Dernière mise à jour : 27 oct. 2021

CARTEL DU 26 JUIN 2012 D’UNE QUESTION PRELIMINAIRE A TOUT TRAITEMENT DE LA PSYCHOSE, Jacques Lacan.





1/L’assomption de la révolution freudienne prend la forme d’un paradoxe : la réalité n’est pas indépendante du sujet mais celui qui perçoit ce qu’on appelle la réalité ne peut gonfler/dégonfler à loisir la réalité.

La réalité n’est pas indépendante du sujet : ce que montre le schéma R (Ecrits 553) est que le champ de la réalité est subordonné à l’agencement des signifiants, agencement qui constitue le sujet.
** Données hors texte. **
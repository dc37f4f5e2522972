-- ===== src/Rules/Evaluate/Laws.antt =====
-- One alarm for each spell (src/minemonitor/rules/evaluate.py).
use mine_intelligence.Prelude.{
  Bool, List, Option, String, [], any, arith, false, if◌then◌else◌, is_some, leb, ltb, none, not,
  some, str_eq, ℕ, ◌&&◌, ◌+◌, ◌||◌, ◌∷◌, ◌≡◌,
}
use mine_intelligence.Rules.Config.{RuleConfig, stationary_kph}
use mine_intelligence.Storage.{Event}
use mine_intelligence.Zones.Engine.{AssetZoneState}
use mine_intelligence.Rules.Evaluate.{Position, Zone, on_inzone_fix, zone_event}

abbrev pub raises : String → List Event → Bool
raises type es = any (λ (e : Event). str_eq e.type type) es

module _ (zone : Zone) (cfg : RuleConfig) (drawn : ℕ) where
  -- The row after the in-zone fixes of a visit, the newest first.
  unfoldable pub visit : AssetZoneState → List Position → AssetZoneState
  visit s [] = s
  visit s (p ∷ ps) = (on_inzone_fix p zone cfg (visit s ps) drawn).0

  module _ (limit : ℕ) where
    -- How many fixes up to the newest are over the limit; one with no speed ends the run.
    unfoldable pub fast_run : List Position → ℕ
    fast_run [] = 0
    fast_run (p ∷ ps) =
        let run = fast_run ps in
        elim p.speed_kph [ none ↦ 0 | some v ↦ if ltb limit v then run + 1 else 0 ]

    -- Since the last fix at or under the limit, a run has reached the count.
    unfoldable pub alarmed : List Position → Bool
    alarmed [] = false
    alarmed (p ∷ ps) =
        let before = alarmed ps in
        elim p.speed_kph [
          | none ↦ before
          | some v ↦
              if ltb limit v
              then before || leb cfg.overspeed_consecutive (fast_run (p ∷ ps))
              else false
        ]

    record Agrees (s : AssetZoneState) (ps : List Position) : Type 0 where
      run : s.overspeed_consec ≡ fast_run ps
      fired : s.overspeed_fired ≡ alarmed ps

    fix-Agrees :
        (s : AssetZoneState) (p : Position) (ps : List Position)
        → cfg.speed_limit_kph ≡ some limit
        → Agrees s ps
        → Agrees (on_inzone_fix p zone cfg s drawn).0 (p ∷ ps)
    unfolding on_inzone_fix fast_run alarmed
    fix-Agrees s p ps e h = ground arith

    visit-Agrees :
        (s : AssetZoneState) (ps : List Position)
        → cfg.speed_limit_kph ≡ some limit
        → s.overspeed_consec ≡ 0
        → s.overspeed_fired ≡ false
        → Agrees (visit s ps) ps
    unfolding visit fast_run alarmed
    visit-Agrees s [] e c f = record { run = c; fired = f }
    visit-Agrees s (p ∷ ps) e c f = fix-Agrees (visit s ps) p ps e (visit-Agrees s ps e c f)

    -- In a zone with a speed limit, at each fix of a visit that began with no overspeed run or
    -- alarm, an overspeed alarm is raised exactly when a run of over-limit fixes first reaches the
    -- configured count since the last fix at or under the limit: one alarm for each spell.
    pub overspeed-visit :
        (s : AssetZoneState) (p : Position) (ps : List Position)
        → cfg.speed_limit_kph ≡ some limit
        → s.overspeed_consec ≡ 0
        → s.overspeed_fired ≡ false
        → raises "overspeed" (on_inzone_fix p zone cfg (visit s ps) drawn).1
          ≡ (alarmed (p ∷ ps) && not (alarmed ps))
    unfolding on_inzone_fix fast_run alarmed zone_event
    overspeed-visit s p ps e c f = let h = visit-Agrees s ps e c f in ground (arith, h)

  module _ (dwell_s : ℕ) where
    -- Since when the asset stands; a fix with no speed says nothing.
    unfoldable pub stands_since : List Position → Option ℕ
    stands_since [] = none
    stands_since (p ∷ ps) =
        let before = stands_since ps in
        elim p.speed_kph [
          | none ↦ before
          | some v ↦
              if ltb v stationary_kph then (if is_some before then before else some p.ts) else none
        ]

    -- The stay that the newest fix belongs to has reached the threshold at some fix of it.
    unfoldable pub dwelt : List Position → Bool
    dwelt [] = false
    dwelt (p ∷ ps) =
        let before = dwelt ps in
        elim p.speed_kph [
          | none ↦ before
          | some v ↦
              if ltb v stationary_kph
              then before
                || elim (stands_since ps) [ none ↦ false | some since ↦ leb (since + dwell_s) p.ts ]
              else false
        ]

    record AgreesDwell (s : AssetZoneState) (ps : List Position) : Type 0 where
      since : s.stationary_since ≡ stands_since ps
      fired : s.dwell_fired ≡ dwelt ps

    fix-AgreesDwell :
        (s : AssetZoneState) (p : Position) (ps : List Position)
        → cfg.dwell_s ≡ some dwell_s
        → AgreesDwell s ps
        → AgreesDwell (on_inzone_fix p zone cfg s drawn).0 (p ∷ ps)
    unfolding on_inzone_fix stands_since dwelt
    fix-AgreesDwell s p ps e h = ground arith

    visit-AgreesDwell :
        (s : AssetZoneState) (ps : List Position)
        → cfg.dwell_s ≡ some dwell_s
        → s.stationary_since ≡ none
        → s.dwell_fired ≡ false
        → AgreesDwell (visit s ps) ps
    unfolding visit stands_since dwelt
    visit-AgreesDwell s [] e c f = record { since = c; fired = f }
    visit-AgreesDwell s (p ∷ ps) e c f =
        fix-AgreesDwell (visit s ps) p ps e (visit-AgreesDwell s ps e c f)

    -- In a zone with a dwell rule, at each fix of a visit that began with no stay, a dwell alarm is
    -- raised exactly when the stay in progress first reaches the threshold, measured from its first
    -- standing fix; fixes with no speed neither start nor end a stay.
    pub dwell-visit :
        (s : AssetZoneState) (p : Position) (ps : List Position)
        → cfg.dwell_s ≡ some dwell_s
        → s.stationary_since ≡ none
        → s.dwell_fired ≡ false
        → raises "zone_dwell" (on_inzone_fix p zone cfg (visit s ps) drawn).1
          ≡ (dwelt (p ∷ ps) && not (dwelt ps))
    unfolding on_inzone_fix stands_since dwelt zone_event
    dwell-visit s p ps e c f = let h = visit-AgreesDwell s ps e c f in ground (arith, h)
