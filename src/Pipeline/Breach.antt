-- ===== src/Pipeline/Breach.antt =====
-- The breach alarm of a restricted zone (src/minemonitor/pipeline.py).
use mine_intelligence.Prelude.{
  Bool, Option, String, [], arith, false, if◌then◌else◌, length, none, not, refl, some, str_eq, ℕ,
  ◌&&◌, ◌+◌, ◌≡◌,
}
use mine_intelligence.Rules.Config.{RuleConfig, parse_rules}
use mine_intelligence.Storage.{Event}
use mine_intelligence.Storage.Laws.{any-append}
use mine_intelligence.Zones.Engine.{AssetZoneState, Transition, entry, exit, step}
use mine_intelligence.Rules.Evaluate.{
  Position, Zone, authorized, on_entry, on_inzone_fix, zone_event,
}
use mine_intelligence.Rules.Evaluate.Laws.{raises}
use mine_intelligence.Pipeline.{Geometry, LiveSettings, entered, evaluate, heal}

step_edge :
    (s : AssetZoneState) (raw : Bool) (dist ts : ℕ) (cfg : RuleConfig) (gap : Option ℕ)
    → (step s raw dist ts cfg gap).1 ≡ (
        if s.inside
        then (if (step s raw dist ts cfg gap).0.inside then none else some exit)
        else (if (step s raw dist ts cfg gap).0.inside then some entry else none))
unfolding step
step_edge s raw dist ts cfg gap = ground arith

inside-on_inzone_fix :
    (pos : Position) (zone : Zone) (cfg : RuleConfig) (s : AssetZoneState) (drawn : ℕ)
    → (on_inzone_fix pos zone cfg s drawn).0.inside ≡ s.inside
unfolding on_inzone_fix
inside-on_inzone_fix pos zone cfg s drawn = ground arith

raises-on_inzone_fix :
    (pos : Position) (zone : Zone) (cfg : RuleConfig) (s : AssetZoneState) (drawn : ℕ)
    → raises "zone_breach" (on_inzone_fix pos zone cfg s drawn).1 ≡ false
unfolding on_inzone_fix zone_event
raises-on_inzone_fix pos zone cfg s drawn = ground arith

raises-entered :
    (tr : Option Transition) (pos : Position) (zone : Zone) (cfg : RuleConfig)
    (asset_class : String) (drawn : ℕ)
    → raises "zone_breach" (entered tr pos zone cfg asset_class drawn) ≡ (elim tr [
      | none ↦ false
      | some exit ↦ false
      | some entry ↦
          str_eq zone.kind "restricted" && not (authorized asset_class cfg.authorized_classes)
    ])
unfolding entered on_entry zone_event
raises-entered none pos zone cfg asset_class drawn = refl
raises-entered (some exit) pos zone cfg asset_class drawn = refl
raises-entered (some entry) pos zone cfg asset_class drawn = ground arith

module _ (geometry : Geometry) (settings : LiveSettings) (pos : Position)
    (asset_class : String) where
  inside-heal :
      (last : Option ℕ) (state : AssetZoneState)
      → (heal settings pos last state).inside ≡ state.inside
  unfolding heal
  inside-heal none state = refl
  inside-heal (some l) state = ground arith

  -- Evaluating a fix in a zone raises a breach alarm exactly when the asset's membership rises from
  -- outside to inside, the zone is restricted, and the asset's class is not one that its rules
  -- authorise.
  pub breach-evaluate :
      (zone : Zone) (state : AssetZoneState) (drawn : ℕ)
      → let (state', es) = evaluate geometry settings pos asset_class zone state drawn in
        raises "zone_breach" es ≡ (
          not state.inside
          && (state'.inside
              && (str_eq zone.kind "restricted"
                  && not (authorized asset_class (parse_rules zone.rules).authorized_classes))))
  unfolding evaluate
  breach-evaluate zone state drawn =
      let cfg = parse_rules zone.rules in
      let raw = geometry.point_in_polygon pos zone in
      let dist = if raw then 0 else geometry.distance_to_polygon_m pos zone in
      let healed = heal settings pos state.last_ts state in
      let s1 = (step healed raw dist pos.ts cfg (some settings.max_gap_s)).0 in
      let tr = (step healed raw dist pos.ts cfg (some settings.max_gap_s)).1 in
      let breach = entered tr pos zone cfg asset_class drawn in
      let d = drawn + length breach in
      ground (
        arith,
        step_edge healed raw dist pos.ts cfg (some settings.max_gap_s),
        inside-heal state.last_ts state,
        raises-entered tr pos zone cfg asset_class drawn,
        any-append (λ (e : Event). str_eq e.type "zone_breach") breach
            (on_inzone_fix pos zone cfg s1 d).1,
        any-append (λ (e : Event). str_eq e.type "zone_breach") breach [],
        raises-on_inzone_fix pos zone cfg s1 d,
        inside-on_inzone_fix pos zone cfg s1 d,
      )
L’idée d’un perceptum sans objet, formule de la définition classique de l’hallucination, n’a ainsi pas de sens, puisque l’objet n’existe pas indépendamment du sujet (ce qui rappelle la conception du SI de la réalité commune et partageable comme produite par la symbolisation du réel primitif, cf cas petit Dick, ou l’introjection de la part-plaisir du monde extérieur par le moi dans Pulsions et destins de pulsions de Freud, part-plaisir qui correspond au versant signifiant du monde, distingué du versant réel, celui de la Chose). Le perceptum est toujours en quelque sorte le sujet, donc ce n’est pas le côté de ‘objet qui importe, mais celui du sujet.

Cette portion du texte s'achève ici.